На третий день состоялись похороны блаженного Андрея.

Возле дома иконописца собрался весь город. Пришли из соседних деревень. Народу было столько, что во двор не помещались, стояли вдоль улицы. Внутри избы, где лежало тело юродивого, монах читал псалтырь, горела свеча. Дым от ладана клубился вокруг гроба. В девять тело вынесли за изгородь, и толпа молча потекла в храм.

1 Гуммиарабик – смола, применяемая как связующее для изготовления творенного золота, используемого для росписи иконы
2 Материал из натурального мела и клея, применяемый как основа в иконописи.
3 Острый, как игла, инструмент для переноса рисунка.
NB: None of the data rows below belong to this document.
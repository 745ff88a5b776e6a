-- ===== src/Ddl/Create.antt =====
-- CREATE TABLE: `populateCreateTable` and `extractCreateTableColumn` of ddl.go, with
-- `extractCreateTableFieldCommentsByColumn` of ddl_comment.go.
pub mod Laws
use postgresparser.Prelude.{
  Bool, true, false, not, ◌&&◌, ◌||◌, Option, none, some, List, [], ◌∷◌, ◌++◌, map, Text, codes,
  is_empty, contains, lookup, insert, if◌then◌else◌,
}
use postgresparser.Strings.{Unicode, is_space, trim_space, has_prefix, join}
use postgresparser.Errors.{Result, ok, err, nil_context}
use postgresparser.Names.{split_qualified_name}
use postgresparser.Ir.{
  QueryFields, base_table, DdlColumn, DdlConstraints, DdlAction, new_action, create_table,
}
use postgresparser.Tree.{Node, TokenStream, HiddenToken, is_present, ctx_text, context_text}
use postgresparser.Ddl.Contexts.{
  ColConstraintElem, ColConstraint, ColumnDef, TableElement, CreateStmt,
}
use postgresparser.Ddl.ColumnName.{text_or_get_text, normalize_column_name, primary_key_column_set}
use postgresparser.Ddl.Constraints.{create_table_constraints}

-- `strings.Fields`, with the word so far
fields_loop : Text → Text → List Text
fields_loop word [] = if is_empty word then [] else word ∷ []
fields_loop word (c ∷ s) =
    let gap = fields_loop [] s in
    let more = fields_loop (word ++ c ∷ []) s in
    if is_space c then (if is_empty word then gap else word ∷ gap) else more

-- `normalizeSpace`
unfoldable pub normalize_space : Text → Text
unfolding fields_loop
normalize_space s = join (b' ' ∷ []) (fields_loop [] (trim_space s))

-- `strings.TrimPrefix(s, "--")`
trim_dashes : Text → Text
trim_dashes [] = []
trim_dashes (c ∷ []) = c ∷ []
trim_dashes (c ∷ d ∷ s) = if has_prefix (codes "--") (c ∷ d ∷ s) then s else c ∷ d ∷ s

-- `extractLineCommentsFromHiddenTokens`
unfoldable pub line_comments : List HiddenToken → List Text
unfolding trim_dashes
line_comments [] = []
line_comments (tok ∷ hidden) =
    let rest = line_comments hidden in
    let line = trim_space (trim_dashes tok.text) in
    if not tok.is_line_comment || is_empty line then rest else line ∷ rest

-- `NOT NULL` and `PRIMARY KEY`
abbrev pub denies_null : ColConstraintElem → Bool
denies_null elem = (elem.not_kw && elem.null_kw) || (elem.primary_kw && elem.key_kw)

module _ ⦃u : Unicode⦄ (tokens : TokenStream) where
  -- the comments of one column definition go into the map
  add_comments : ColumnDef → List (Text × List Text) → List (Text × List Text)
  add_comments def comments = elim def.colid [
    | none ↦ comments
    | some colid ↦
        let col = normalize_column_name (trim_space colid.text) in
        elim def.start [
          | none ↦ comments
          | some index ↦
              let lines = line_comments (tokens.hidden_to_left index) in
              if is_empty col
              then comments
              else elim lines [ [] ↦ comments | ◌∷◌ l ls ↦ insert col (l ∷ ls) comments ]
        ]
  ]

  comments_loop : List (Option TableElement) → List (Text × List Text) → List (Text × List Text)
  unfolding add_comments
  comments_loop [] comments = comments
  comments_loop (none ∷ elems) comments = comments_loop elems comments
  comments_loop (some elem ∷ elems) comments =
      comments_loop elems
        (elim elem.column_def [ none ↦ comments | some def ↦ add_comments def comments ])

  -- `extractCreateTableFieldCommentsByColumn`
  unfoldable pub field_comments_by_column : List (Option TableElement) → List (Text × List Text)
  unfolding comments_loop
  field_comments_by_column elems = comments_loop elems []

  pub column_name_of : Option Node → Text
  column_name_of none = []
  column_name_of (some colid) = text_or_get_text tokens colid

  -- `Nullable` and `Default` after one constraint
  add_qualifier : ColConstraintElem → DdlColumn → DdlColumn
  add_qualifier elem col = record col {
    nullable = if denies_null elem then false else col.nullable;
    default_value =
        if elem.default_kw && is_present elem.b_expr
        then context_text tokens elem.b_expr
        else col.default_value;
  }

  add_qualifier_of : Option ColConstraintElem → DdlColumn → DdlColumn
  unfolding add_qualifier
  add_qualifier_of none col = col
  add_qualifier_of (some elem) col = add_qualifier elem col

  qualifiers_loop : List (Option ColConstraint) → DdlColumn → DdlColumn
  unfolding add_qualifier_of
  qualifiers_loop [] col = col
  qualifiers_loop (none ∷ quals) col = qualifiers_loop quals col
  qualifiers_loop (some c ∷ quals) col = qualifiers_loop quals (add_qualifier_of c.elem col)

  apply_qualifiers : Option (List (Option ColConstraint)) → DdlColumn → DdlColumn
  unfolding qualifiers_loop
  apply_qualifiers none col = col
  apply_qualifiers (some quals) col = qualifiers_loop quals col

  comments_of : Text → List (Text × List Text) → List Text
  comments_of name comments =
      let normalized = normalize_column_name name in
      if is_empty normalized
      then []
      else elim (lookup normalized comments) [ none ↦ [] | some lines ↦ lines ]

  type_text : Option Node → Text
  type_text none = []
  type_text (some typ) = normalize_space (ctx_text tokens (some typ))

  -- `extractCreateTableColumn`
  unfoldable pub create_table_column : ColumnDef → List (Text × List Text) → DdlColumn
  unfolding column_name_of apply_qualifiers comments_of type_text
  create_table_column def comments = apply_qualifiers def.colquallist (record {
    name = column_name_of def.colid;
    column_type = type_text def.typename;
    nullable = true;
    default_value = [];
    comment = comments_of (column_name_of def.colid) comments;
  })

  -- a column of the primary key is not nullable
  pub mark_key : List Text → DdlColumn → DdlColumn
  mark_key keys col =
      if contains keys (normalize_column_name col.name)
      then record col { nullable = false }
      else col

  -- the column that a table element adds, if it is one and has a name
  column_of : List Text → List (Text × List Text) → Option ColumnDef → List DdlColumn
  unfolding mark_key
  column_of keys comments none = []
  column_of keys comments (some def) =
      let col = create_table_column def comments in
      if is_empty col.name then [] else mark_key keys col ∷ []

  -- the loop over the column definitions
  pub create_table_columns :
      List Text → List (Text × List Text) → List (Option TableElement) → List DdlColumn
  unfolding column_of
  create_table_columns keys comments [] = []
  create_table_columns keys comments (none ∷ elems) = create_table_columns keys comments elems
  create_table_columns keys comments (some elem ∷ elems) =
      column_of keys comments elem.column_def ++ create_table_columns keys comments elems

  -- `Columns`, `ColumnDetails` and `Constraints` of the action
  describe_table : Bool → List (Option TableElement) → DdlAction → DdlAction
  unfolding create_table_columns field_comments_by_column
  describe_table with_comments elems action =
      let constraints = create_table_constraints tokens elems in
      let comments = if with_comments then field_comments_by_column elems else [] in
      let columns =
        create_table_columns (primary_key_column_set constraints.primary_key) comments elems in
      record action {
        columns = map (λ c. c.name) columns;
        column_details = columns;
        constraints = some constraints;
      }

  describe_elements : Bool → Option (Option (List (Option TableElement))) → DdlAction → DdlAction
  unfolding describe_table
  describe_elements with_comments (some (some elems)) action =
      describe_table with_comments elems action
  describe_elements with_comments _ action = action

  -- `populateCreateTable`, with `opts.IncludeCreateTableFieldComments`
  unfoldable pub populate_create_table : Bool → QueryFields → Option CreateStmt → Result QueryFields
  unfolding describe_elements
  populate_create_table with_comments result none =
      err (nil_context (codes "create table statement"))
  populate_create_table with_comments result (some ctx) =
      let raw = context_text tokens ctx.qualified_name in
      let (schema, name) = split_qualified_name raw in
      let action = record (new_action create_table) {
        object_name = name;
        schema = schema;
        flags = if ctx.if_kw && ctx.not_kw && ctx.exists_kw then codes "IF_NOT_EXISTS" ∷ [] else [];
      } in
      if not ctx.table_kw
      then ok result
      else ok (record result {
        tables = result.tables ++ (if is_empty raw then [] else base_table schema name raw ∷ []);
        ddl_actions =
            result.ddl_actions
            ++ describe_elements with_comments ctx.opt_table_element_list action ∷ [];
      })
4 Куала – отдельно стоящее у удмуртов строение для моления и приношения жертв, с земляным полом и очагом.
5 Супругами называют двух лошадей, впряженных в одну упряжку.
6 Железо, производимое из чугуна по специальной технологии. В нем мало примесей, оно крепче и пластичнее. Работа пудлинговщика была очень тяжелой.
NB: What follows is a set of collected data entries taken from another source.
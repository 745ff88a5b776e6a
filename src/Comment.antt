-- ===== src/Comment.antt =====
-- ddl_comment.go: COMMENT ON and the string literals of its text.
pub mod Literals
pub mod Frame
use postgresparser.Prelude.{
  ℕ, ◌-◌, ◌+◌, ◌*◌, Bool, true, false, not, ◌&&◌, ◌||◌, Option, none, some, List, [], ◌∷◌, ◌++◌,
  Text, codes, is_empty, length, take, drop, text_eq, ltb, leb, ◌==◌, if◌then◌else◌,
}
use postgresparser.Strings.{
  Unicode, to_upper, equal_fold, trim_space, has_prefix, ends_in, drop_end, undouble_char,
}
use postgresparser.Errors.{Result, ok, err, nil_context}
use postgresparser.Names.{split_qualified_name, split_qualified_column_name}
use postgresparser.Ir.{QueryFields, TableRef, base_table, DdlAction, new_action, comment}
use postgresparser.Tree.{Node, TokenStream, is_present, context_text}
use postgresparser.Ddl.Create.{normalize_space}

abbrev pub apostrophe : ℕ
apostrophe = b'\''

abbrev pub backslash : ℕ
backslash = b'\\'

-- `decodeSingleQuoted`
unfoldable pub decode_single_quoted : Text → Option Text
decode_single_quoted [] = none
decode_single_quoted (c ∷ s) =
    if ltb (length (c ∷ s)) 2 || not (c == apostrophe) || not (ends_in apostrophe (c ∷ s))
    then none
    else some (undouble_char apostrophe (drop_end s))

-- What a backslash and a character stand for, in `escapedStringReplacer`.
escape_code : ℕ → Option ℕ
escape_code c =
    if c == backslash
    then some backslash
    else if c == apostrophe
    then some apostrophe
    else if c == b'n'
    then some 10
    else if c == b'r'
    then some 13
    else if c == b't'
    then some 9
    else if c == b'b'
    then some 8
    else if c == b'f'
    then some 12
    else none

-- `decodeEscapedString`
unfoldable pub decode_escaped : Text → Text
unfolding escape_code
decode_escaped [] = []
decode_escaped (c ∷ []) = c ∷ []
decode_escaped (c ∷ d ∷ s) =
    let rest = decode_escaped s in
    let plain = c ∷ decode_escaped (d ∷ s) in
    if c == backslash then elim (escape_code d) [ none ↦ plain | some e ↦ e ∷ rest ] else plain

-- the tag in front of the next dollar sign
until_dollar : Text → Option Text
until_dollar [] = none
until_dollar (c ∷ s) =
    let rest = until_dollar s in
    if c == b'$' then some [] else elim rest [ none ↦ none | some tag ↦ some (c ∷ tag) ]

-- the text between a delimiter and its second occurrence at the end
between : Text → Text → Option Text
between delim raw =
    let size = length delim in
    if ltb (length raw) (size * 2) || not (text_eq (drop (length raw - size) raw) delim)
    then none
    else some (take (length raw - size * 2) (drop size raw))

-- `decodeDollarQuotedString`
unfoldable pub decode_dollar_quoted : Text → Option Text
unfolding until_dollar between
decode_dollar_quoted [] = none
decode_dollar_quoted (c ∷ s) = if not (c == b'$') then none else elim (until_dollar s) [
  | none ↦ none
  | some tag ↦ between (b'$' ∷ (tag ++ b'$' ∷ [])) (c ∷ s)
]

-- a decoded text, or the text as it is
or_raw : Text → Option Text → Text
or_raw raw none = raw
or_raw raw (some text) = text

escaped_or_raw : Text → Option Text → Text
unfolding decode_escaped
escaped_or_raw raw none = raw
escaped_or_raw raw (some text) = decode_escaped text

module _ ⦃u : Unicode⦄ where
  -- the forms that do not start with a dollar sign
  decode_quoted : Text → Text
  decode_quoted trimmed =
      let upper = to_upper trimmed in
      if has_prefix (codes "E'") upper || has_prefix (codes "N'") upper
      then escaped_or_raw trimmed (decode_single_quoted (drop 1 trimmed))
      else if has_prefix (codes "U&'") upper
      then or_raw trimmed (decode_single_quoted (drop 2 trimmed))
      else or_raw trimmed (decode_single_quoted trimmed)

  decode_trimmed : Text → Text
  decode_trimmed trimmed =
      if is_empty trimmed
      then []
      else if has_prefix (b'$' ∷ []) trimmed
      then elim (decode_dollar_quoted trimmed) [ none ↦ decode_quoted trimmed | some text ↦ text ]
      else decode_quoted trimmed

  -- `decodeCommentStringLiteral`
  unfoldable pub decode_string_literal : Text → Text
  unfolding decode_trimmed decode_quoted decode_dollar_quoted or_raw escaped_or_raw
      decode_single_quoted to_upper trim_space
  decode_string_literal raw = decode_trimmed (trim_space raw)

  -- `decodeCommentText`
  unfoldable pub decode_comment_text : TokenStream → Option Node → Text
  unfolding decode_string_literal
  decode_comment_text tokens none = []
  decode_comment_text tokens (some ctx) =
      let raw = context_text tokens (some ctx) in
      if is_empty raw || equal_fold raw (codes "NULL") then [] else decode_string_literal raw

-- `CommentstmtContext`; a list of type names is `AllTypename()`
pub record CommentStmt : Type 0 where
  pub comment_text : Option Node
  pub column_kw : Bool
  pub type_kw : Bool
  pub domain_kw : Bool
  pub any_name : Option Node
  pub object_type_any_name : Option Node
  pub object_type_name : Option Node
  pub name : Option Node
  pub typenames : List Node

module _ ⦃u : Unicode⦄ (tokens : TokenStream) where
  -- the object that a qualified name names
  name_object : Text → Text → DdlAction → DdlAction
  name_object object_type raw action = record action {
    object_type = object_type;
    target = raw;
    schema = (split_qualified_name raw).0;
    object_name = (split_qualified_name raw).1;
  }

  pub comment_column : QueryFields → Text → DdlAction → QueryFields
  comment_column result raw action =
      let parts = split_qualified_column_name raw in
      let table_raw = if is_empty parts.0 then parts.1 else parts.0 ++ b'.' ∷ parts.1 in
      record result {
        tables =
            result.tables
            ++ (if is_empty parts.1 then [] else base_table parts.0 parts.1 table_raw ∷ []);
        ddl_actions =
            result.ddl_actions
            ++ record action {
              object_type = codes "COLUMN";
              target = raw;
              schema = parts.0;
              object_name = parts.1;
              columns = if is_empty parts.2 then [] else parts.2 ∷ [];
            }
              ∷ [];
      }

  type_text : Node → Text
  type_text n = to_upper (normalize_space (context_text tokens (some n)))

  pub comment_any_name : QueryFields → Node → Node → DdlAction → QueryFields
  unfolding name_object type_text
  comment_any_name result object_type name action =
      let raw = context_text tokens (some name) in
      let kind = type_text object_type in
      let is_table = text_eq kind (codes "TABLE") || text_eq kind (codes "FOREIGN TABLE") in
      record result {
        tables =
            result.tables
            ++ (if is_table
                then base_table (split_qualified_name raw).0 (split_qualified_name raw).1 raw ∷ []
                else []);
        ddl_actions = result.ddl_actions ++ name_object kind raw action ∷ [];
      }

  add_action : QueryFields → DdlAction → QueryFields
  add_action result action = record result { ddl_actions = result.ddl_actions ++ action ∷ [] }

  pub comment_type : QueryFields → CommentStmt → DdlAction → QueryFields
  unfolding name_object add_action
  comment_type result ctx action = add_action result (elim ctx.typenames [
    | [] ↦ record action { object_type = codes "UNKNOWN" }
    | ◌∷◌ n ns ↦
        if ctx.type_kw
        then name_object (codes "TYPE") (context_text tokens (some n)) action
        else if ctx.domain_kw
        then name_object (codes "DOMAIN") (context_text tokens (some n)) action
        else record action { object_type = codes "UNKNOWN" }
  ])

  pub comment_name : QueryFields → CommentStmt → Option Node → Option Node → DdlAction → QueryFields
  unfolding name_object type_text add_action comment_type
  comment_name result ctx (some object_type) (some name) action =
      add_action result
        (name_object (type_text object_type) (context_text tokens (some name)) action)
  comment_name result ctx _ _ action = comment_type result ctx action

  -- the cases of the switch, on `COLUMN`, `Any_name` and `Object_type_any_name`
  pub comment_object :
      QueryFields → CommentStmt → Option Node → Option Node → DdlAction → QueryFields
  unfolding comment_column comment_any_name comment_name
  comment_object result ctx (some name) object_type action =
      if ctx.column_kw
      then comment_column result (context_text tokens (some name)) action
      else elim object_type [
        | some t ↦ comment_any_name result t name action
        | none ↦ comment_name result ctx ctx.object_type_name ctx.name action
      ]
  comment_object result ctx none object_type action =
      comment_name result ctx ctx.object_type_name ctx.name action

  unfoldable pub populate_comment_stmt : QueryFields → Option CommentStmt → Result QueryFields
  unfolding comment_object decode_comment_text
  populate_comment_stmt result none = err (nil_context (codes "comment statement"))
  populate_comment_stmt result (some ctx) = ok (
      comment_object result ctx ctx.any_name ctx.object_type_any_name
        (record (new_action comment) { comment = decode_comment_text tokens ctx.comment_text }))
7 Приписные крестьяне – в России XVII – первой половине XIX века государственные, дворцовые и экономические крестьяне, вместо уплаты подушной подати работавшие на казенных или частных заводах и фабриках, то есть прикрепленные (приписанные) к ним. В конце XVII века и особенно в XVIII веке правительство для поддержки крупной промышленности и обеспечения ее дешевой и постоянной рабочей силой широко практиковало приписку государственных крестьян к мануфактурам на Урале и в Сибири. Обычно приписные крестьяне прикреплялись к мануфактурам без определенного срока, то есть навечно. Рекруты, набираемые среди приписных, становились мастеровыми на горных и металлургических заводах. Формально эти крестьяне оставались собственностью феодального государства, но на практике промышленники эксплуатировали и наказывали их как своих крепостных
8 На жизнь императора Александра Второго было совершено семь покушений. От последнего он погиб. На набережной Екатерининского канала в Санкт-Петербурге первой бомбой, брошенной метальщиком, была частично разрушена императорская карета. Бомба, кинутая вторым метальщиком И. И. Гриневицким, нанесла смертельные раны императору, от которых позже он скончался.
9 Когда императрица Екатерина Великая вводила государственную монополию на водку и запрещала частное винокурение, для вотяков по их слезной челобитной было сделано исключение ради праздника Гербера.